American garage rock band

The Tempests are an American garage rock band that formed in 1962 in Tampa Bay, Florida, and have continued to remain active over the years, still playing to audiences.

The Tempests started performing throughout Florida at venues like The Eldorado Showcase, National Guard Armory, Bayfront Center in St Petersburg, The Surfer's Club Madeira Beach, Curtis Hixon Hall Tampa, Sarasota Auditorium, Lakeland Civic Center, Bradenton Civic Auditorium, Melbourne Civic Center, Tiger's Den Cocoa Beach, University of Florida Gainesville and Clearwater Star Spectacular.

In 1966, after winning the Florida Battle of the Bands, and gaining their first recording contract, The Tempests recorded their first single at Fuller Recording Studios, in Tampa, Florida; "I Want you Only", backed by "I Want You To Know". Both songs received significant radio airplay.

Shortly after, Bobby Allen left the band and was replaced by Brad Meyers on drums. Charley Bailey also left to play with the Rosington Collins band and was replaced by keyboard player Roy Delise. This change gave The Tempests a further advantage to play the evolving styles of music that had become popular in the late 60s.

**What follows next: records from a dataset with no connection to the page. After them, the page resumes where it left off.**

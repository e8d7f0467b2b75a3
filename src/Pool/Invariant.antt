-- ===== src/Pool/Invariant.antt =====
-- What holds of each worker in every reachable state of the pool.
use sp327_butt_k.Base.{
  ℕ, ◌<◌, ◌≡◌, ◌≢◌, refl, Bool, true, false, List, [], ◌∷◌, ◌++◌, arith, ltb, ◌==◌, ◌%◌, ◌+◌, All,
  append_assoc,
}
use mathlib.Core.Path.{subst}
use sp327_butt_k.Memory.{Ptr, null}
use sp327_butt_k.Queue.Spec
use sp327_butt_k.Queue.Spec.{dequeue_from}
use native.Mathlib.Decide.{ℕ_discrete}
use sp327_butt_k.Pool.Family.{update}
use sp327_butt_k.Pool.{
  Step, add, destroy, close, closed_all, join, joined_all, work, Reach, started, next, spurious,
  WorkerPc, starting, at_queue, waiting, running, finished, Worker, MainPc, adding, closing,
  joining, destroyed, System, thread_pool_add, close_worker, fetch, process, new_worker, WorkerStep,
  start, dequeue, run,
}

-- The request that a worker has taken and not yet run.
abbrev pub in_hand : WorkerPc → List Ptr
in_hand (running req) = req ∷ []
in_hand _ = []

abbrev pub IsRequest : Ptr → Type 0
IsRequest r = r ≢ null

-- `c`: the main thread has closed this worker's queue; `d`: it has joined the thread.
pub record WorkerInv (c d : Bool) (w : Worker) : Type 0 where
  pub ledger : w.assigned ≡ w.processed ++ (in_hand w.pc ++ w.queue.items)
  pub requests : All IsRequest w.queue.items
  pub asleep : w.pc ≡ waiting → (w.queue.items ≡ []) × (w.queue.closed ≡ false)
  pub ended : w.pc ≡ finished → (w.queue.items ≡ []) × (w.queue.closed ≡ true)
  pub shut : w.queue.closed ≡ c
  pub joined : d ≡ true → w.pc ≡ finished

abbrev pub is_shut : MainPc → ℕ → Bool
is_shut (adding _) i = false
is_shut (closing j) i = ltb i j
is_shut _ i = true

abbrev pub is_joined : MainPc → ℕ → Bool
is_joined (joining j) i = ltb i j
is_joined destroyed i = true
is_joined _ i = false

abbrev pub pending : MainPc → List Ptr
pending (adding rs) = rs
pending _ = []

pub record Inv (n : ℕ) (s : System) : Type 0 where
  pub requests : All IsRequest (pending s.main)
  pub worker : (i : ℕ) → i < n → WorkerInv (is_shut s.main i) (is_joined s.main i) (s.workers i)

All-snoc : (xs : List Ptr) (r : Ptr) → All IsRequest xs → IsRequest r → All IsRequest (xs ++ r ∷ [])
All-snoc [] r a h = (h, tt)
All-snoc (x ∷ xs) r a h = (a.0, All-snoc xs r a.1 h)

new_worker-Inv : WorkerInv false false new_worker
new_worker-Inv = record {
  ledger = refl;
  requests = tt;
  asleep = λ e. cc;
  ended = λ e. cc;
  shut = refl;
  joined = λ e. cc;
}

module _ {c d : Bool} {w : Worker} (inv : WorkerInv c d w) where
  add-Inv : (r : Ptr) → IsRequest r → c ≡ false → d ≡ false → WorkerInv c d (thread_pool_add r w)
  unfolding thread_pool_add Spec.enqueue
  add-Inv r real op un = record {
    ledger = ground (
      arith,
      inv.ledger,
      inv.shut,
      append_assoc w.processed (in_hand w.pc ++ w.queue.items) (r ∷ []),
      append_assoc (in_hand w.pc) w.queue.items (r ∷ []),
    );
    requests = ground (arith, inv.shut, All-snoc w.queue.items r inv.requests real);
    asleep = ground (arith);
    ended = ground (arith, inv.ended, inv.shut);
    shut = ground (arith, inv.shut);
    joined = λ e. cc;
  }

  close-Inv : d ≡ false → WorkerInv true d (close_worker w)
  unfolding close_worker Spec.close
  close-Inv un = ground arith

  fetch-Inv : w.pc ≡ at_queue → WorkerInv c d (fetch w)
  unfolding fetch Spec.dequeue
  fetch-Inv e = ground (arith)

  process-Inv : (req : Ptr) → w.pc ≡ running req → WorkerInv c d (process req w)
  unfolding process
  process-Inv req e = ground (arith, inv.ledger, append_assoc w.processed (req ∷ []) w.queue.items)

  start-Inv : (k : ℕ) → w.pc ≡ starting → WorkerInv c d (record w { pc = at_queue; local_id = k })
  start-Inv k e = ground arith

  awake-Inv : w.pc ≡ waiting → WorkerInv c d (record w { pc = at_queue })
  awake-Inv e = ground arith

WorkerStep-Inv :
    {c d : Bool} {k l : ℕ} {w v : Worker} → WorkerStep k w l v → WorkerInv c d w → WorkerInv c d v
WorkerStep-Inv (start {k} e) inv = start-Inv inv k e
WorkerStep-Inv (dequeue e) inv = fetch-Inv inv e
WorkerStep-Inv (run req e) inv = process-Inv inv req e

-- A worker changes while the main thread moves from `m` to `m'`; for all others nothing changes.
update-Inv :
    (n i : ℕ) (m m' : MainPc) (f : ℕ → Worker) (w : Worker)
    → ((j : ℕ) → j < n → WorkerInv (is_shut m j) (is_joined m j) (f j))
    → ((j : ℕ) → i ≢ j → (is_shut m' j ≡ is_shut m j) × (is_joined m' j ≡ is_joined m j))
    → WorkerInv (is_shut m' i) (is_joined m' i) w
    → (j : ℕ) → j < n
    → WorkerInv (is_shut m' j) (is_joined m' j) (update f i w j)
update-Inv n i m m' f w old same new j lt = elim (ℕ_discrete i j) [
  | yes e ↦
      let self : (i == i) ≡ true = ground arith in
      subst (λ k. WorkerInv (is_shut m' k) (is_joined m' k) (update f i w k)) e (rw self new)
  | no ne ↦
      let other : (i == j) ≡ false = ground arith in
      rw (other, (same j ne).0, (same j ne).1) (old j lt)
]

-- The same with no worker changed.
phase-Inv :
    (n : ℕ) (m m' : MainPc) (f : ℕ → Worker)
    → ((j : ℕ) → j < n → WorkerInv (is_shut m j) (is_joined m j) (f j))
    → ((j : ℕ) → j < n → (is_shut m' j ≡ is_shut m j) × (is_joined m' j ≡ is_joined m j))
    → (j : ℕ) → j < n
    → WorkerInv (is_shut m' j) (is_joined m' j) (f j)
phase-Inv n m m' f old same j lt = rw ((same j lt).0, (same j lt).1) (old j lt)

-- The invariant at the main thread's position `m`.
at-Inv :
    {n : ℕ} {s : System} (m : MainPc)
    → s.main ≡ m
    → Inv n s
    → All IsRequest (pending m)
      × ((i : ℕ) → i < n → WorkerInv (is_shut m i) (is_joined m i) (s.workers i))
at-Inv {n} {s} m e inv =
    subst
      (λ k.
        All IsRequest (pending k)
        × ((i : ℕ) → i < n → WorkerInv (is_shut k i) (is_joined k i) (s.workers i)))
      e (inv.requests, inv.worker)

-- Thread `i` has finished and is joined.
join-Inv :
    (n i : ℕ) (f : ℕ → Worker)
    → ((j : ℕ) → j < n → WorkerInv true (ltb j i) (f j))
    → (f i).pc ≡ finished
    → (j : ℕ) → j < n
    → WorkerInv true (ltb j (i + 1)) (f j)
join-Inv n i f ws fin j lt =
    let inv = ws j lt in
    record {
      ledger = inv.ledger;
      requests = inv.requests;
      asleep = inv.asleep;
      ended = inv.ended;
      shut = inv.shut;
      joined = λ e. elim (ℕ_discrete i j) [
        | yes same ↦ rw (← same) fin
        | no ne ↦ inv.joined (ground arith)
      ];
    }

Step-Inv : {n : ℕ} {s t : System} → Step n s t → Inv n s → Inv n t
Step-Inv {n} {s} (add x req rs e pos) inv =
    let (reqs, ws) = at-Inv (adding (req ∷ rs)) e inv in
    let lt : x % n < n = omega arith in
    record {
      requests = reqs.1;
      worker =
          update-Inv n (x % n) (adding (req ∷ rs)) (adding rs) s.workers _ ws (λ j ne. (refl, refl))
            (add-Inv (ws (x % n) lt) req reqs.0 refl refl);
    }
Step-Inv {n} {s} (destroy e) inv =
    let (reqs, ws) = at-Inv (adding []) e inv in
    record {
      requests = tt;
      worker = phase-Inv n (adding []) (closing 0) s.workers ws (λ j lt. (ground arith, refl));
    }
Step-Inv {n} {s} (close i e lt) inv =
    let (reqs, ws) = at-Inv (closing i) e inv in
    record {
      requests = tt;
      worker =
          update-Inv n i (closing i) (closing (i + 1)) s.workers _ ws (λ j ne. (ground arith, refl))
            (let now : ltb i (i + 1) ≡ true = ground arith in rw now (close-Inv (ws i lt) refl));
    }
Step-Inv {n} {s} (closed_all e) inv =
    let (reqs, ws) = at-Inv (closing n) e inv in
    record {
      requests = tt;
      worker =
          phase-Inv n (closing n) (joining 0) s.workers ws (λ j lt. (ground arith, ground arith));
    }
Step-Inv {n} {s} (join i e lt fin) inv =
    let (reqs, ws) = at-Inv (joining i) e inv in
    record { requests = tt; worker = join-Inv n i s.workers ws fin }
Step-Inv {n} {s} (joined_all e) inv =
    let (reqs, ws) = at-Inv (joining n) e inv in
    record {
      requests = tt;
      worker = phase-Inv n (joining n) destroyed s.workers ws (λ j lt. (refl, ground arith));
    }
Step-Inv {n} {s} (work i lt st) inv = record {
  requests = inv.requests;
  worker =
      update-Inv n i s.main s.main s.workers _ inv.worker (λ j ne. (refl, refl))
        (WorkerStep-Inv st (inv.worker i lt));
}

-- Every reachable state satisfies the invariant.
pub Reach-Inv :
    {n : ℕ} {requests : List Ptr} {s : System}
    → Reach n requests s
    → All IsRequest requests
    → Inv n s
Reach-Inv started real = record { requests = real; worker = λ i lt. new_worker-Inv }
Reach-Inv (next r st) real = Step-Inv st (Reach-Inv r real)
Reach-Inv {n} (spurious {s} i r lt e) real =
    let inv = Reach-Inv r real in
    record {
      requests = inv.requests;
      worker =
          update-Inv n i s.main s.main s.workers _ inv.worker (λ j ne. (refl, refl))
            (awake-Inv (inv.worker i lt) e);
    }
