-- ===== src/Pool/Counting.antt =====
-- How often each request is assigned and run.
use sp327_butt_k.Base.{
  ℕ, ◌+◌, ◌%◌, ◌<◌, ◌≡◌, refl, List, [], ◌∷◌, ◌++◌, arith, ◌==◌, if◌then◌else◌, All, append-nil, ap,
  ◌≤◌,
}
use sp327_butt_k.Memory.{Ptr}
use sp327_butt_k.Pool.Family.{update, total, total-update, total-const, total-le}
use sp327_butt_k.Pool.{
  finished, at_queue, Worker, MainPc, destroyed, System, thread_pool_add, close_worker, fetch,
  process, WorkerStep, start, dequeue, run, new_worker, Step, add, destroy, close, closed_all, join,
  joined_all, work, Reach, started, next, spurious,
}
use sp327_butt_k.Pool.Invariant.{IsRequest, pending, Reach-Inv, in_hand}

-- The number of times that `a` stands in a list.
unfoldable pub count : Ptr → List Ptr → ℕ
count a [] = 0
count a (x ∷ xs) = (if x == a then 1 else 0) + count a xs

pub count-append : (a : Ptr) (xs ys : List Ptr) → count a (xs ++ ys) ≡ count a xs + count a ys
unfolding count
count-append a [] ys = omega arith
count-append a (x ∷ xs) ys = omega (arith, count-append a xs ys)

-- How often the pool's workers were given `a`, and how often they have run it.
abbrev pub assigned_count : Ptr → Worker → ℕ
assigned_count a w = count a w.assigned

abbrev pub processed_count : Ptr → Worker → ℕ
processed_count a w = count a w.processed

WorkerStep-assigned : {k l : ℕ} {w v : Worker} → WorkerStep k w l v → v.assigned ≡ w.assigned
unfolding fetch process
WorkerStep-assigned (start e) = refl
WorkerStep-assigned (dequeue e) = ground arith
WorkerStep-assigned (run req e) = refl

-- A write that keeps what the worker was assigned keeps the sum.
same-total :
    (a : Ptr) (n i : ℕ) (f : ℕ → Worker) (w : Worker)
    → i < n
    → w.assigned ≡ (f i).assigned
    → total (assigned_count a) n (update f i w) ≡ total (assigned_count a) n f
same-total a n i f w lt e =
    omega (arith, total-update (assigned_count a) n f i w lt, ap (count a) e)

abbrev Balanced : (n : ℕ) → Ptr → List Ptr → System → Type 0
Balanced n a requests s =
    total (assigned_count a) n s.workers + count a (pending s.main) ≡ count a requests

-- What is left to add, at the main thread's position `m`.
left : (a : Ptr) (m m' : MainPc) → m ≡ m' → count a (pending m) ≡ count a (pending m')
left a m m' e = ap (λ k. count a (pending k)) e

Step-Balanced :
    {n : ℕ} {s t : System} (a : Ptr) (requests : List Ptr)
    → Step n s t
    → Balanced n a requests s
    → Balanced n a requests t
unfolding count thread_pool_add close_worker
Step-Balanced {n} {s} a rq (add x req rs e pos) b =
    let old = s.workers (x % n) in
    omega (
      arith,
      left a s.main _ e,
      total-update (assigned_count a) n s.workers (x % n) (thread_pool_add req old) (omega arith),
      count-append a old.assigned (req ∷ []),
    )
Step-Balanced {n} {s} a rq (destroy e) b = omega (arith, left a s.main _ e)
Step-Balanced {n} {s} a rq (close i e lt) b =
    omega
      (arith, left a s.main _ e, same-total a n i s.workers (close_worker (s.workers i)) lt refl)
Step-Balanced {n} {s} a rq (closed_all e) b = omega (arith, left a s.main _ e)
Step-Balanced {n} {s} a rq (join i e lt fin) b = omega (arith, left a s.main _ e)
Step-Balanced {n} {s} a rq (joined_all e) b = omega (arith, left a s.main _ e)
Step-Balanced {n} {s} a rq (work i {w} lt st) b =
    omega (arith, same-total a n i s.workers w lt (WorkerStep-assigned st))

Reach-Balanced :
    {n : ℕ} {requests : List Ptr} {s : System} (a : Ptr)
    → Reach n requests s
    → Balanced n a requests s
unfolding count
Reach-Balanced {n} a started = omega (arith, total-const (assigned_count a) n new_worker refl)
Reach-Balanced {requests} a (next r st) = Step-Balanced a requests st (Reach-Balanced a r)
Reach-Balanced {n} a (spurious {s} i r lt e) = omega (
  arith,
  Reach-Balanced a r,
  same-total a n i s.workers (record (s.workers i) { pc = at_queue }) lt refl,
)

module _ {n : ℕ} {requests : List Ptr} {s : System} (r : Reach n requests s)
    (real : All IsRequest requests) where
  -- A worker has run part of what it was given, in the order in which it was given: the rest is the
  -- request that it holds, and then its queue.
  pub processed_in_order :
      (i : ℕ)
      → i < n
      → (s.workers i).assigned
        ≡ (s.workers i).processed ++ (in_hand (s.workers i).pc ++ (s.workers i).queue.items)
  processed_in_order i lt = ((Reach-Inv r real).worker i lt).ledger

  -- No request is run more often than it was added.
  pub at_most_once : (a : Ptr) → total (processed_count a) n s.workers ≤ count a requests
  at_most_once a = omega (
    arith,
    Reach-Balanced a r,
    total-le (processed_count a) (assigned_count a) n s.workers λ i lt. ran i lt,
  )
    where
      ran : (i : ℕ) → i < n → processed_count a (s.workers i) ≤ assigned_count a (s.workers i)
      ran i lt = omega (
        arith,
        ap (count a) (processed_in_order i lt),
        count-append a (s.workers i).processed
            (in_hand (s.workers i).pc ++ (s.workers i).queue.items),
      )

  -- Once `thread_pool_destroy` is through, every thread has returned, has run exactly what it was
  -- given, in order, and its queue is empty.
  pub destroyed_drained :
      s.main ≡ destroyed
      → (i : ℕ) → i < n
      → ((s.workers i).pc ≡ finished)
        × ((s.workers i).processed ≡ (s.workers i).assigned)
        × ((s.workers i).queue.items ≡ [])
  destroyed_drained e i lt =
      let inv = rw e at ((Reach-Inv r real).worker i lt) in
      let fin = inv.joined refl in
      let (none_left, _) = inv.ended fin in
      (fin, ground (arith, inv.ledger, append-nil (s.workers i).processed), none_left)

  -- Once `thread_pool_destroy` is through, every request that was added was run, exactly as often as
  -- it was added.
  pub destroyed_exactly_once :
      s.main ≡ destroyed → (a : Ptr) → total (processed_count a) n s.workers ≡ count a requests
  unfolding count
  destroyed_exactly_once e a = omega (
    arith,
    Reach-Balanced a r,
    left a s.main destroyed e,
    total-le (processed_count a) (assigned_count a) n s.workers λ i lt. omega (arith, ran i lt),
    total-le (assigned_count a) (processed_count a) n s.workers λ i lt. omega (arith, ran i lt),
  )
    where
      ran : (i : ℕ) → i < n → processed_count a (s.workers i) ≡ assigned_count a (s.workers i)
      ran i lt = ap (count a) ((destroyed_drained e i lt).1)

The Tempests were chosen as the Florida House Band for the Nationally acclaimed Hullabaloo tv show and related clubs in the 1960s.

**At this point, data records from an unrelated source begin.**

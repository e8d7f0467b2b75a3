-- ===== src/M9/Workers.antt =====
-- The workers of M9/worker_thread.c and the requests that they take.
use sp327_butt_k.Base.{
  false, ℕ, ◌+◌, ◌<◌, ◌≡◌, ◌≢◌, refl, List, [], ◌∷◌, ◌++◌, arith, All, ◌==◌, if◌then◌else◌,
}
use sp327_butt_k.Memory.{Ptr, null}
use sp327_butt_k.Pool.Family.{total, total-update, total-const}
use sp327_butt_k.Pool.Invariant.{IsRequest}
use sp327_butt_k.Pool.Counting.{count, count-append}
use sp327_butt_k.M9.{
  Pc, at_queue, waiting, running, exited, Worker, System, received, fetch, process, init, Reach,
  started, enqueue, wake, dequeue, run,
}

record Inv (s : System) : Type 0 where
  items : All IsRequest s.items
  alive : (i : ℕ) → (s.workers i).pc ≢ exited

All-snoc : (xs : List Ptr) (r : Ptr) → All IsRequest xs → IsRequest r → All IsRequest (xs ++ r ∷ [])
All-snoc [] r a h = (h, tt)
All-snoc (x ∷ xs) r a h = (a.0, All-snoc xs r a.1 h)

received-Inv :
    (s : System) (i : ℕ) (items : List Ptr) → Inv s → All IsRequest items → Inv (received s i items)
received-Inv s i [] inv real = record { items = tt; alive = λ j. ground (arith, inv.alive j) }
received-Inv s i (req ∷ items) inv real = record {
  items = real.1;
  alive = λ j. ground (arith, inv.alive j, real.0);
}

Reach-Inv :
    {n : ℕ} {enqueued : List Ptr} {s : System} → Reach n enqueued s → All IsRequest enqueued → Inv s
unfolding fetch process
Reach-Inv started real = record { items = tt; alive = λ i. cc }
Reach-Inv (enqueue {s} req r) real =
    let inv = Reach-Inv r real.1 in
    record { items = All-snoc s.items req inv.items real.0; alive = inv.alive }
Reach-Inv (wake i r lt e) real =
    let inv = Reach-Inv r real in
    record { items = inv.items; alive = λ j. ground (arith, inv.alive j) }
Reach-Inv (dequeue {s} i r lt e) real =
    let inv = Reach-Inv r real in received-Inv s i s.items inv inv.items
Reach-Inv (run i req r lt e) real =
    let inv = Reach-Inv r real in
    record { items = inv.items; alive = λ j. ground (arith, inv.alive j) }

-- As long as main enqueues requests and no NULL, no worker ever exits, whatever the interleaving: a
-- `pthread_join` on it cannot return.
pub never_exits :
    {n : ℕ} {enqueued : List Ptr} {s : System}
    → Reach n enqueued s
    → All IsRequest enqueued
    → (i : ℕ) → (s.workers i).pc ≢ exited
never_exits r real i = (Reach-Inv r real).alive i

-- The requests that a worker has taken: those it has run and the one that it runs.
abbrev pub taken : Worker → List Ptr
taken w = elim w.pc [ running req ↦ w.processed ++ req ∷ [] | _ ↦ w.processed ]

abbrev pub taken_count : Ptr → Worker → ℕ
taken_count a w = count a (taken w)

count-nil : (a : Ptr) → count a [] ≡ 0
unfolding count
count-nil a = refl

taken_count-woken :
    (a : Ptr) (w : Worker)
    → w.pc ≡ waiting
    → taken_count a (record w { pc = at_queue }) ≡ taken_count a w
taken_count-woken a w e = rw e refl

taken_count-run :
    (a req : Ptr) (w : Worker)
    → w.pc ≡ running req
    → taken_count a w ≡ count a (w.processed ++ req ∷ [])
taken_count-run a req w e = rw e refl

taken_count-idle :
    (a : Ptr) (w : Worker) (pc : Pc)
    → w.pc ≡ at_queue
    → ((req : Ptr) → pc ≢ running req)
    → taken_count a (record w { pc = pc }) ≡ taken_count a w
taken_count-idle a w at_queue e idle = rw e refl
taken_count-idle a w waiting e idle = rw e refl
taken_count-idle a w (running req) e idle = absurd (idle req refl)
taken_count-idle a w exited e idle = rw e refl

taken_count-received :
    (a req : Ptr) (w : Worker)
    → IsRequest req
    → w.pc ≡ at_queue
    → taken_count a (record w { pc = if req == null then exited else running req })
      ≡ taken_count a w + count a (req ∷ [])
taken_count-received a req w real e =
    let some_request : (req == null) ≡ false = ground (arith, real) in
    rw (some_request, e) (count-append a w.processed (req ∷ []))

fetch-total :
    (a : Ptr) (n i : ℕ) (s : System) (items : List Ptr)
    → i < n
    → (s.workers i).pc ≡ at_queue
    → All IsRequest items
    → total (taken_count a) n (received s i items).workers + count a (received s i items).items
      ≡ total (taken_count a) n s.workers + count a items
fetch-total a n i s [] lt e real =
    let w : Worker = record (s.workers i) { pc = waiting } in
    omega (
      arith,
      total-update (taken_count a) n s.workers i w lt,
      taken_count-idle a (s.workers i) waiting e (λ req f. cc),
    )
fetch-total a n i s (req ∷ items) lt e real =
    let w : Worker = record (s.workers i) { pc = if req == null then exited else running req } in
    omega (
      arith,
      total-update (taken_count a) n s.workers i w lt,
      taken_count-received a req (s.workers i) real.0 e,
      count-append a (req ∷ []) items,
    )

-- As long as main enqueues no NULL: at any time, each request was enqueued as often as it is still
-- queued or was taken by the `n` workers, all together. So none is lost, and none is handed out twice.
pub requests_conserved :
    {n : ℕ} {enqueued : List Ptr} {s : System}
    → Reach n enqueued s
    → All IsRequest enqueued
    → (a : Ptr) → total (taken_count a) n s.workers + count a s.items ≡ count a enqueued
unfolding fetch process
requests_conserved {n} started real a =
    omega (arith, total-const (taken_count a) n (init.workers 0) (count-nil a))
requests_conserved {n} (enqueue {enqueued} {s} req r) real a = omega (
  arith,
  requests_conserved r real.1 a,
  count-append a s.items (req ∷ []),
  count-append a (req ∷ []) enqueued,
)
requests_conserved {n} (wake {s} i r lt e) real a = omega (
  arith,
  requests_conserved r real a,
  total-update (taken_count a) n s.workers i (record (s.workers i) { pc = at_queue }) lt,
  taken_count-woken a (s.workers i) e,
)
requests_conserved {n} (dequeue {s} i r lt e) real a =
    omega (
      arith,
      requests_conserved r real a,
      fetch-total a n i s s.items lt e (Reach-Inv r real).items,
    )
requests_conserved {n} (run {s} i req r lt e) real a =
    let w : Worker = record {
      pc = at_queue;
      req_count = (s.workers i).req_count + 1;
      processed = (s.workers i).processed ++ req ∷ [];
    } in
    omega (
      arith,
      requests_conserved r real a,
      total-update (taken_count a) n s.workers i w lt,
      taken_count-run a req (s.workers i) e,
    )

Booked by Gulf Artist Productions, The Tempests shared the same stage with many 60s national recording artists, including the Dave Clark Five, The Shangri-Las, Blues Magoos, The Gap, Sam the Sham and the Pharaohs, Tommy James and the Shondells, The Mindbenders, The McCoys, The Doors, The Allman Brothers, Three Dog Night and Left Bank.

After one of the members was drafted during the Vietnam era, Tommy Angarano pursued additional music interests playing in The Emotions, Pink Anacin, Raven and the Outlaws, before regrouping as "The Tempests". Angarano began his musical career, at an early age, and at the age of 10 appeared on “Ted Mack’s Amateur Hour” playing the accordion.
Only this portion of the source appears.